### WHAT THE EXERCISE ASKS
What this exercise calls for is an exact copy of the data.

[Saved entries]
-- ===== src/Billing/Model.antt =====
-- src/billing.rs: the pricing key of a model, and the key of its rollups. A model's name is read letter by letter.
pub mod Idempotent
use text.Mathlib.Text.{◌==◌ as str_eq}
use clewdr_hub.Common.{
  ℕ, ◌+◌, String, Bool, true, false, ◌&&◌, Option, none, some, List, [], ◌∷◌, if◌then◌else◌,
  is_some_and, and_then, length, leb, ◌==◌,
}
use clewdr_hub.Config.Decimal.{is_digit}
use clewdr_hub.Config.Reason.{codes, text_eq, strip_prefix}

-- `KNOWN_ALIASES`.
abbrev pub known_aliases : List (List ℕ × List ℕ)
known_aliases =
    (codes "claude-fable-5", codes "claude-fable-5")
    ∷ (codes "claude-opus-5", codes "claude-opus-5")
    ∷ (codes "claude-opus-4-8", codes "claude-opus-4-8")
    ∷ (codes "claude-opus-4-7", codes "claude-opus-4-7")
    ∷ (codes "claude-opus-4-6", codes "claude-opus-4-6")
    ∷ (codes "claude-opus-4-5", codes "claude-opus-4-5")
    ∷ (codes "claude-opus-4-1", codes "claude-opus-4-1")
    ∷ (codes "claude-opus-4-0", codes "claude-opus-4-0")
    ∷ (codes "claude-sonnet-5", codes "claude-sonnet-5")
    ∷ (codes "claude-sonnet-4-6", codes "claude-sonnet-4-6")
    ∷ (codes "claude-sonnet-4-5", codes "claude-sonnet-4-5")
    ∷ (codes "claude-sonnet-4-0", codes "claude-sonnet-4-0")
    ∷ (codes "claude-haiku-4-5", codes "claude-haiku-4-5")
    ∷ (codes "claude-haiku-3-5", codes "claude-haiku-3-5")
    ∷ (codes "claude-3-5-sonnet", codes "claude-sonnet-4-0")
    ∷ (codes "claude-3-5-haiku", codes "claude-haiku-3-5")
    ∷ (codes "claude-3-haiku", codes "claude-haiku-3-5")
    ∷ []

abbrev lower : ℕ → ℕ
lower c = if leb 65 c && leb c 90 then c + 32 else c

-- `str::to_ascii_lowercase`.
unfoldable pub to_ascii_lowercase : List ℕ → List ℕ
to_ascii_lowercase [] = []
to_ascii_lowercase (c ∷ cs) = lower c ∷ to_ascii_lowercase cs

unfoldable pub all_digits : List ℕ → Bool
all_digits [] = true
all_digits (c ∷ cs) = is_digit c && all_digits cs

abbrev pub is_date : List ℕ → Bool
is_date d = length d == 8 && all_digits d

-- The first loop.
unfoldable pub exact_alias : List (List ℕ × List ℕ) → List ℕ → Option (List ℕ)
exact_alias [] m = none
exact_alias ((alias, key) ∷ rest) m = if text_eq m alias then some key else exact_alias rest m

-- Whether `m` is the alias, a dash and a date.
abbrev pub is_dated : List ℕ → List ℕ → Bool
is_dated alias m =
    is_some_and (and_then (strip_prefix alias m) (λ rest. strip_prefix (codes "-") rest)) is_date

-- The second loop.
unfoldable pub dated_alias : List (List ℕ × List ℕ) → List ℕ → Option (List ℕ)
dated_alias [] m = none
dated_alias ((alias, key) ∷ rest) m = if is_dated alias m then some key else dated_alias rest m

abbrev pub or_dated : Option (List ℕ) → List ℕ → Option (List ℕ)
or_dated (some key) m = some key
or_dated none m = dated_alias known_aliases m

-- `normalize_model`.
unfoldable pub normalize_model : List ℕ → Option (List ℕ)
normalize_model raw = let m = to_ascii_lowercase raw in or_dated (exact_alias known_aliases m) m

abbrev is_nonempty : List ℕ → Bool
is_nonempty [] = false
is_nonempty (c ∷ cs) = true

abbrev raw_or_unknown : List ℕ → List ℕ
raw_or_unknown raw = if is_nonempty raw then raw else codes "unknown"

abbrev key_or : Option (List ℕ) → List ℕ → List ℕ
key_or none other = other
key_or (some key) other = if is_nonempty key then key else other

-- `compute_model_key`; `trim` is the one of the standard library.
unfoldable pub compute_model_key : (List ℕ → List ℕ) → List ℕ → Option (List ℕ) → List ℕ
compute_model_key trim model_raw model_normalized =
    key_or model_normalized (raw_or_unknown (trim model_raw))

### RESULT OF THIS TASK
-- ===== src/Billing/Model.antt =====
-- src/billing.rs: the pricing key of a model, and the key of its rollups. A model's name is read letter by letter.
pub mod Idempotent
use text.Mathlib.Text.{◌==◌ as str_eq}
use clewdr_hub.Common.{
  ℕ, ◌+◌, String, Bool, true, false, ◌&&◌, Option, none, some, List, [], ◌∷◌, if◌then◌else◌,
  is_some_and, and_then, length, leb, ◌==◌,
}
use clewdr_hub.Config.Decimal.{is_digit}
use clewdr_hub.Config.Reason.{codes, text_eq, strip_prefix}

-- `KNOWN_ALIASES`.
abbrev pub known_aliases : List (List ℕ × List ℕ)
known_aliases =
    (codes "claude-fable-5", codes "claude-fable-5")
    ∷ (codes "claude-opus-5", codes "claude-opus-5")
    ∷ (codes "claude-opus-4-8", codes "claude-opus-4-8")
    ∷ (codes "claude-opus-4-7", codes "claude-opus-4-7")
    ∷ (codes "claude-opus-4-6", codes "claude-opus-4-6")
    ∷ (codes "claude-opus-4-5", codes "claude-opus-4-5")
    ∷ (codes "claude-opus-4-1", codes "claude-opus-4-1")
    ∷ (codes "claude-opus-4-0", codes "claude-opus-4-0")
    ∷ (codes "claude-sonnet-5", codes "claude-sonnet-5")
    ∷ (codes "claude-sonnet-4-6", codes "claude-sonnet-4-6")
    ∷ (codes "claude-sonnet-4-5", codes "claude-sonnet-4-5")
    ∷ (codes "claude-sonnet-4-0", codes "claude-sonnet-4-0")
    ∷ (codes "claude-haiku-4-5", codes "claude-haiku-4-5")
    ∷ (codes "claude-haiku-3-5", codes "claude-haiku-3-5")
    ∷ (codes "claude-3-5-sonnet", codes "claude-sonnet-4-0")
    ∷ (codes "claude-3-5-haiku", codes "claude-haiku-3-5")
    ∷ (codes "claude-3-haiku", codes "claude-haiku-3-5")
    ∷ []

abbrev lower : ℕ → ℕ
lower c = if leb 65 c && leb c 90 then c + 32 else c

-- `str::to_ascii_lowercase`.
unfoldable pub to_ascii_lowercase : List ℕ → List ℕ
to_ascii_lowercase [] = []
to_ascii_lowercase (c ∷ cs) = lower c ∷ to_ascii_lowercase cs

unfoldable pub all_digits : List ℕ → Bool
all_digits [] = true
all_digits (c ∷ cs) = is_digit c && all_digits cs

abbrev pub is_date : List ℕ → Bool
is_date d = length d == 8 && all_digits d

-- The first loop.
unfoldable pub exact_alias : List (List ℕ × List ℕ) → List ℕ → Option (List ℕ)
exact_alias [] m = none
exact_alias ((alias, key) ∷ rest) m = if text_eq m alias then some key else exact_alias rest m

-- Whether `m` is the alias, a dash and a date.
abbrev pub is_dated : List ℕ → List ℕ → Bool
is_dated alias m =
    is_some_and (and_then (strip_prefix alias m) (λ rest. strip_prefix (codes "-") rest)) is_date

-- The second loop.
unfoldable pub dated_alias : List (List ℕ × List ℕ) → List ℕ → Option (List ℕ)
dated_alias [] m = none
dated_alias ((alias, key) ∷ rest) m = if is_dated alias m then some key else dated_alias rest m

abbrev pub or_dated : Option (List ℕ) → List ℕ → Option (List ℕ)
or_dated (some key) m = some key
or_dated none m = dated_alias known_aliases m

-- `normalize_model`.
unfoldable pub normalize_model : List ℕ → Option (List ℕ)
normalize_model raw = let m = to_ascii_lowercase raw in or_dated (exact_alias known_aliases m) m

abbrev is_nonempty : List ℕ → Bool
is_nonempty [] = false
is_nonempty (c ∷ cs) = true

abbrev raw_or_unknown : List ℕ → List ℕ
raw_or_unknown raw = if is_nonempty raw then raw else codes "unknown"

abbrev key_or : Option (List ℕ) → List ℕ → List ℕ
key_or none other = other
key_or (some key) other = if is_nonempty key then key else other

-- `compute_model_key`; `trim` is the one of the standard library.
unfoldable pub compute_model_key : (List ℕ → List ℕ) → List ℕ → Option (List ℕ) → List ℕ
compute_model_key trim model_raw model_normalized =
    key_or model_normalized (raw_or_unknown (trim model_raw))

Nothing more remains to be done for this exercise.